Stored items:

=== Section Start ===

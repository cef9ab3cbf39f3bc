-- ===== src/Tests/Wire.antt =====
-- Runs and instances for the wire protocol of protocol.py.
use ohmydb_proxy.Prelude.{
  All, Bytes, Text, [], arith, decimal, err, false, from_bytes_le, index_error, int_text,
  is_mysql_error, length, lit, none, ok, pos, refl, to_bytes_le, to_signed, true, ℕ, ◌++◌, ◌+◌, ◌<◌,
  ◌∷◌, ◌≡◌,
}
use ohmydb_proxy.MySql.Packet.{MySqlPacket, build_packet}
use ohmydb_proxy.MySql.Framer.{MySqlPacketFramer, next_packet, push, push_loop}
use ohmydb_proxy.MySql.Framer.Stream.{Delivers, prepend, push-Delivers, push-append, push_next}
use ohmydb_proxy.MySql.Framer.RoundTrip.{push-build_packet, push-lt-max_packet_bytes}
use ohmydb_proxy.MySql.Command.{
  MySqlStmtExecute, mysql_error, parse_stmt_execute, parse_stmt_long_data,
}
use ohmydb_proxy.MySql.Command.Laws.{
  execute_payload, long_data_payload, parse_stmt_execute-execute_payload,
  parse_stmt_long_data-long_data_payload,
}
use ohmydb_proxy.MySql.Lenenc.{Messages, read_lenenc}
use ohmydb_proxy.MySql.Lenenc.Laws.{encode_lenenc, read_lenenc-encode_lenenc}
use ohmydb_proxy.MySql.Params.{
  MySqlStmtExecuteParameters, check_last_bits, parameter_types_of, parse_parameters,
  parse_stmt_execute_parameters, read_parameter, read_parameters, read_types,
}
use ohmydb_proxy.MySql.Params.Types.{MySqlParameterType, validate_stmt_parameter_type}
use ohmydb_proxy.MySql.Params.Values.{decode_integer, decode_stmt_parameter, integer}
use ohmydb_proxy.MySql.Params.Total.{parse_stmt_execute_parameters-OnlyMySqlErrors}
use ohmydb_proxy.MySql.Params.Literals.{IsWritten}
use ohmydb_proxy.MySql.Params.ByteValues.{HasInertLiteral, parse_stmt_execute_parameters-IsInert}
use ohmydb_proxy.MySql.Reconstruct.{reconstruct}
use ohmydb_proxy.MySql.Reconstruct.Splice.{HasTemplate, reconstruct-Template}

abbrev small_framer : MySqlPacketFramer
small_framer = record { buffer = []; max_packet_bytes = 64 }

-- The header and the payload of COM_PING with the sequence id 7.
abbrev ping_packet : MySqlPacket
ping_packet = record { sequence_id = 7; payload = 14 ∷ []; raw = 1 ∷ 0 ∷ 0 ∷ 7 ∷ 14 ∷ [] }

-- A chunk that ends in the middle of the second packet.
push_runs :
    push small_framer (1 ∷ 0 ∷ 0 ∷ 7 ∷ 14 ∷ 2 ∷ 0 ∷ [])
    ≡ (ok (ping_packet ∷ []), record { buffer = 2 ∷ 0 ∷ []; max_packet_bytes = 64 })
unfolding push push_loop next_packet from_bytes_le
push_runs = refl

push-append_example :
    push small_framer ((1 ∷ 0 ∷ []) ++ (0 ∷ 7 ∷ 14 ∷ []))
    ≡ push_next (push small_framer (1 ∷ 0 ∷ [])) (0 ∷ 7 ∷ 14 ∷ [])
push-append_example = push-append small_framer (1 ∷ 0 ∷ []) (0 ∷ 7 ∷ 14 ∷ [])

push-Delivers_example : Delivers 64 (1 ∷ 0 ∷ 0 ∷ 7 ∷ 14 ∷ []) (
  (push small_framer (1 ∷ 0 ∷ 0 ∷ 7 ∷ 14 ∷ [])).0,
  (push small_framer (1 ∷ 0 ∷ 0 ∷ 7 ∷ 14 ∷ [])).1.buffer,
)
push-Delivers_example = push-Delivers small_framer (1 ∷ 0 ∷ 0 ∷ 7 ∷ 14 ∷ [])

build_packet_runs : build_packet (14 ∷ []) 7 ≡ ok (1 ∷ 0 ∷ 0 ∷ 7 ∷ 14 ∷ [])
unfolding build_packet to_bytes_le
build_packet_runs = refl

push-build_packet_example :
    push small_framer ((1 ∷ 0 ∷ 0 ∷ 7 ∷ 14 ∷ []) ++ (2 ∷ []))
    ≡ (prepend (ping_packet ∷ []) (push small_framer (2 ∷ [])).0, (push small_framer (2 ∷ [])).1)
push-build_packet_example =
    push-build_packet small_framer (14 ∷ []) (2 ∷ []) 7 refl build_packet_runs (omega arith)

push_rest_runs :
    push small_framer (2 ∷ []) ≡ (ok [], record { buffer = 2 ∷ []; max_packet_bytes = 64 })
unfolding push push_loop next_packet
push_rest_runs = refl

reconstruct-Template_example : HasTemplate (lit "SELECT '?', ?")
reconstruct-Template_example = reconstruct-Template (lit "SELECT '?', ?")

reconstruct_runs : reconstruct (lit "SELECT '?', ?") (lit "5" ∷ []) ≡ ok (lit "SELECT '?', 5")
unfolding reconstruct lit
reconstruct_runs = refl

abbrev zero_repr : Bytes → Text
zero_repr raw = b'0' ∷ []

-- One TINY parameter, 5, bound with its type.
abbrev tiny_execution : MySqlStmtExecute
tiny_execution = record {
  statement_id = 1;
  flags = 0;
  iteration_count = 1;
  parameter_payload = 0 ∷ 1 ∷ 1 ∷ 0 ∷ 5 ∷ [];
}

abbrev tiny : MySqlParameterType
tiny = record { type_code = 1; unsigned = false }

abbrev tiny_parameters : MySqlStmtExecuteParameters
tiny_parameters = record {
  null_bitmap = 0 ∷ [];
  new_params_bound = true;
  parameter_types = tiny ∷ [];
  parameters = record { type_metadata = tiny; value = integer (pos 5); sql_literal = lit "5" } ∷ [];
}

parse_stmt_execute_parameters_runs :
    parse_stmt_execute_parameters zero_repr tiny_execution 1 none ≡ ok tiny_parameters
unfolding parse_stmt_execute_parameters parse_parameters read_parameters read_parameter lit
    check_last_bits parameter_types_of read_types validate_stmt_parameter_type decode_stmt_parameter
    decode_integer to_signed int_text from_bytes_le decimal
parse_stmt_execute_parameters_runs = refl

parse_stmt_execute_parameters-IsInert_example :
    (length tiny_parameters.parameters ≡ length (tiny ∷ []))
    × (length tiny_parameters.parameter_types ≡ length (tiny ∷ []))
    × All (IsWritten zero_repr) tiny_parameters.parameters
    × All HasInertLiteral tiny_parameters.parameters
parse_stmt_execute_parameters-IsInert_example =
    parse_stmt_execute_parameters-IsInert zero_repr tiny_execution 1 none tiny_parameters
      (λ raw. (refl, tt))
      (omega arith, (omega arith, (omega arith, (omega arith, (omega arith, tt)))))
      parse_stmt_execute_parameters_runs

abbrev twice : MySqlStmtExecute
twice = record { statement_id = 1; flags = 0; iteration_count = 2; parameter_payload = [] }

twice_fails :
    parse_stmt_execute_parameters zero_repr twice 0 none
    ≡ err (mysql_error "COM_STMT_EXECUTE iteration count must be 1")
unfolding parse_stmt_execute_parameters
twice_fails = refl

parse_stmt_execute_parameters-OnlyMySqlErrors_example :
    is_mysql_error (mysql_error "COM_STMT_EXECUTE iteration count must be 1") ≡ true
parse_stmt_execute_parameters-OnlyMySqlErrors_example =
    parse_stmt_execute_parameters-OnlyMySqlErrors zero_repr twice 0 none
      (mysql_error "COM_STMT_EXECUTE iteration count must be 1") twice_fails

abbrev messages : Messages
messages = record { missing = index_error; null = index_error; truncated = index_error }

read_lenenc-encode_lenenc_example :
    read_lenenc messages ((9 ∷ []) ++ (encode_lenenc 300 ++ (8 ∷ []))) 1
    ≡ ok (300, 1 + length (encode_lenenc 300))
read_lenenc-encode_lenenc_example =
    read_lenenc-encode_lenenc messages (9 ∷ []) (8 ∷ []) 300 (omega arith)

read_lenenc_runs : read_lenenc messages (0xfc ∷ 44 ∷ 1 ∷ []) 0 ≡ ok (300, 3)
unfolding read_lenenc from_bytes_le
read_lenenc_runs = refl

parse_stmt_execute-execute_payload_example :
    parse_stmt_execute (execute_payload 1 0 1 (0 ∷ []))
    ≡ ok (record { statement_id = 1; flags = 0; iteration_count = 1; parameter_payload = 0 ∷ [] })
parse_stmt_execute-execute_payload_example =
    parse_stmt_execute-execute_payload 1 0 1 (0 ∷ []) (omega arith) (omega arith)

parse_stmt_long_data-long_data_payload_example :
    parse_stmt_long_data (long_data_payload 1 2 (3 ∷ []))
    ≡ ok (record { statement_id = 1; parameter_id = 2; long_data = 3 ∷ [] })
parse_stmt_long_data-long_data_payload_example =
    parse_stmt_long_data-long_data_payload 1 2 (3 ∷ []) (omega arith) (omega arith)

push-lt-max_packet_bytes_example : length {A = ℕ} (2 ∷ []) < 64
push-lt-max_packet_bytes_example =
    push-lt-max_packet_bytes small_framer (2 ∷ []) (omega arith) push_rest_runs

=== Section End ===

TO DO. Where a line of the data contains "MySqlPacketFramer", copy that line.

YOUR RESPONSE.
use ohmydb_proxy.MySql.Framer.{MySqlPacketFramer, next_packet, push, push_loop}
abbrev small_framer : MySqlPacketFramer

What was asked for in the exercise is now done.